[TASK TO CARRY OUT]: Copy out the data line by line exactly, from its start to the line bearing "is_status_success not_modified = false", inclusive.

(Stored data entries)
----
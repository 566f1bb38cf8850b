-- ===== src/Backend/Reads.antt =====
-- Reading a scrape job: the functions that begin with `get_` and `list_` of
-- backend/app/clients/database/rss/rss_scrape_job_database_client.py and of
-- backend/app/services/rss/rss_scrape_job_service.py.
pub mod Counts
pub mod Listing
use manifeed.Common.{
  map_option, ℕ, zero, suc, ◌+◌, Bool, true, false, not, ◌&&◌, ◌||◌, Option, none, some, List, [],
  ◌∷◌, ◌++◌, map, String, Instant, max, ◌==◌, ltb, leb, str_eq, length, is_nil, any, find, filter,
  update, count, coalesce, if◌then◌else◌, text_length, ℤ, pos, negsuc, resolve_positive, Outcome,
  ok, err, Error, ◌>>=◌, ◌>>◌, raise_if,
}
use manifeed.Db.{
  is_error, Database, Company, Feed, FeedScraping, ScrapeJob, ScrapeJobFeed, ScrapeJobResult,
  SourceFeed, JobStatus, queued, completed, failed, ResultStatus, success, not_modified, is_job,
  is_result, is_result_of, is_company, is_scraping, fits_optional,
}
use manifeed.Feeds.{ScrapeFeed, mix_feeds_by_company, iter_feed_batches}
use manifeed.Backend.Host.{normalize_host}

-- `GET /jobs/{job_id}`: the job with the counts of its results
pub record JobRead : Type 0 where
  pub job : ScrapeJob
  pub feeds_processed : ℕ
  pub feeds_success : ℕ
  pub feeds_not_modified : ℕ
  pub feeds_error : ℕ

abbrev pub is_status_success : ResultStatus → Bool
is_status_success success = true
is_status_success not_modified = false
is_status_success ResultStatus.error = false

abbrev pub is_status_not_modified : ResultStatus → Bool
is_status_not_modified success = false
is_status_not_modified not_modified = true
is_status_not_modified ResultStatus.error = false

abbrev pub job_read : String → Database → ScrapeJob → JobRead
job_read job_id db job = record {
  job = job;
  feeds_processed = count (is_result_of job_id) db.results;
  feeds_success = count (λ r. str_eq r.job_id job_id && is_status_success r.status) db.results;
  feeds_not_modified =
      count (λ r. str_eq r.job_id job_id && is_status_not_modified r.status) db.results;
  feeds_error = count (λ r. str_eq r.job_id job_id && is_error r.status) db.results;
}

unfoldable pub get_rss_scrape_job_status_read : String → Database → Option JobRead
get_rss_scrape_job_status_read job_id db =
    map_option (job_read job_id db) (find (is_job job_id) db.jobs)

-- What the service makes of a job that is not there.
abbrev pub or_not_found {ℓ} : {A : Type ℓ} → Option A → Outcome A
or_not_found none = err (Error.http_exception 404)
or_not_found (some a) = ok a

unfoldable pub get_rss_scrape_job_status : String → Database → Outcome JobRead
unfolding get_rss_scrape_job_status_read
get_rss_scrape_job_status job_id db = or_not_found (get_rss_scrape_job_status_read job_id db)

-- The feeds of a job with their results: `LEFT OUTER JOIN`, in the order of the feeds. A feed
-- without a result is pending.
pub data FeedStatus : Type 0 where
  pending : FeedStatus
  reported : ResultStatus → FeedStatus

pub record JobFeedRead : Type 0 where
  pub feed_id : ℕ
  pub feed_url : String
  pub status : FeedStatus
  pub error_message : Option String
  pub fetchprotection : Option ℕ
  pub new_etag : Option String
  pub new_last_update : Option Instant

unfoldable pub job_feed_read : ScrapeJobFeed → Option ScrapeJobResult → JobFeedRead
job_feed_read f none = record {
  feed_id = f.feed_id;
  feed_url = f.feed_url;
  status = pending;
  error_message = none;
  fetchprotection = none;
  new_etag = none;
  new_last_update = none;
}
job_feed_read f (some r) = record {
  feed_id = f.feed_id;
  feed_url = f.feed_url;
  status = reported r.status;
  error_message = r.error_message;
  fetchprotection = some r.fetchprotection;
  new_etag = r.new_etag;
  new_last_update = r.new_last_update;
}

unfoldable pub insert_read : JobFeedRead → List JobFeedRead → List JobFeedRead
insert_read f [] = f ∷ []
insert_read f (g ∷ gs) = if leb f.feed_id g.feed_id then f ∷ g ∷ gs else g ∷ insert_read f gs

unfoldable pub sort_reads : List JobFeedRead → List JobFeedRead
unfolding insert_read
sort_reads [] = []
sort_reads (f ∷ fs) = insert_read f (sort_reads fs)

unfoldable pub list_rss_scrape_job_feed_reads : String → Database → List JobFeedRead
list_rss_scrape_job_feed_reads job_id db = sort_reads (
    map (λ f. job_feed_read f (find (is_result f.job_id f.feed_id) db.results))
      (filter (λ f. str_eq f.job_id job_id) db.job_feeds))

unfoldable pub list_rss_scrape_job_feeds : String → Database → Outcome (List JobFeedRead)
unfolding get_rss_scrape_job_status_read
list_rss_scrape_job_feeds job_id db = do
  _ ← or_not_found (get_rss_scrape_job_status_read job_id db)
  ok (list_rss_scrape_job_feed_reads job_id db)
----
[RESULT FOR THIS TASK]:
repository 566f1bb38cf8850b
-- ===== src/Backend/Reads.antt =====
-- Reading a scrape job: the functions that begin with `get_` and `list_` of
-- backend/app/clients/database/rss/rss_scrape_job_database_client.py and of
-- backend/app/services/rss/rss_scrape_job_service.py.
pub mod Counts
pub mod Listing
use manifeed.Common.{
  map_option, ℕ, zero, suc, ◌+◌, Bool, true, false, not, ◌&&◌, ◌||◌, Option, none, some, List, [],
  ◌∷◌, ◌++◌, map, String, Instant, max, ◌==◌, ltb, leb, str_eq, length, is_nil, any, find, filter,
  update, count, coalesce, if◌then◌else◌, text_length, ℤ, pos, negsuc, resolve_positive, Outcome,
  ok, err, Error, ◌>>=◌, ◌>>◌, raise_if,
}
use manifeed.Db.{
  is_error, Database, Company, Feed, FeedScraping, ScrapeJob, ScrapeJobFeed, ScrapeJobResult,
  SourceFeed, JobStatus, queued, completed, failed, ResultStatus, success, not_modified, is_job,
  is_result, is_result_of, is_company, is_scraping, fits_optional,
}
use manifeed.Feeds.{ScrapeFeed, mix_feeds_by_company, iter_feed_batches}
use manifeed.Backend.Host.{normalize_host}

-- `GET /jobs/{job_id}`: the job with the counts of its results
pub record JobRead : Type 0 where
  pub job : ScrapeJob
  pub feeds_processed : ℕ
  pub feeds_success : ℕ
  pub feeds_not_modified : ℕ
  pub feeds_error : ℕ

abbrev pub is_status_success : ResultStatus → Bool
is_status_success success = true
is_status_success not_modified = false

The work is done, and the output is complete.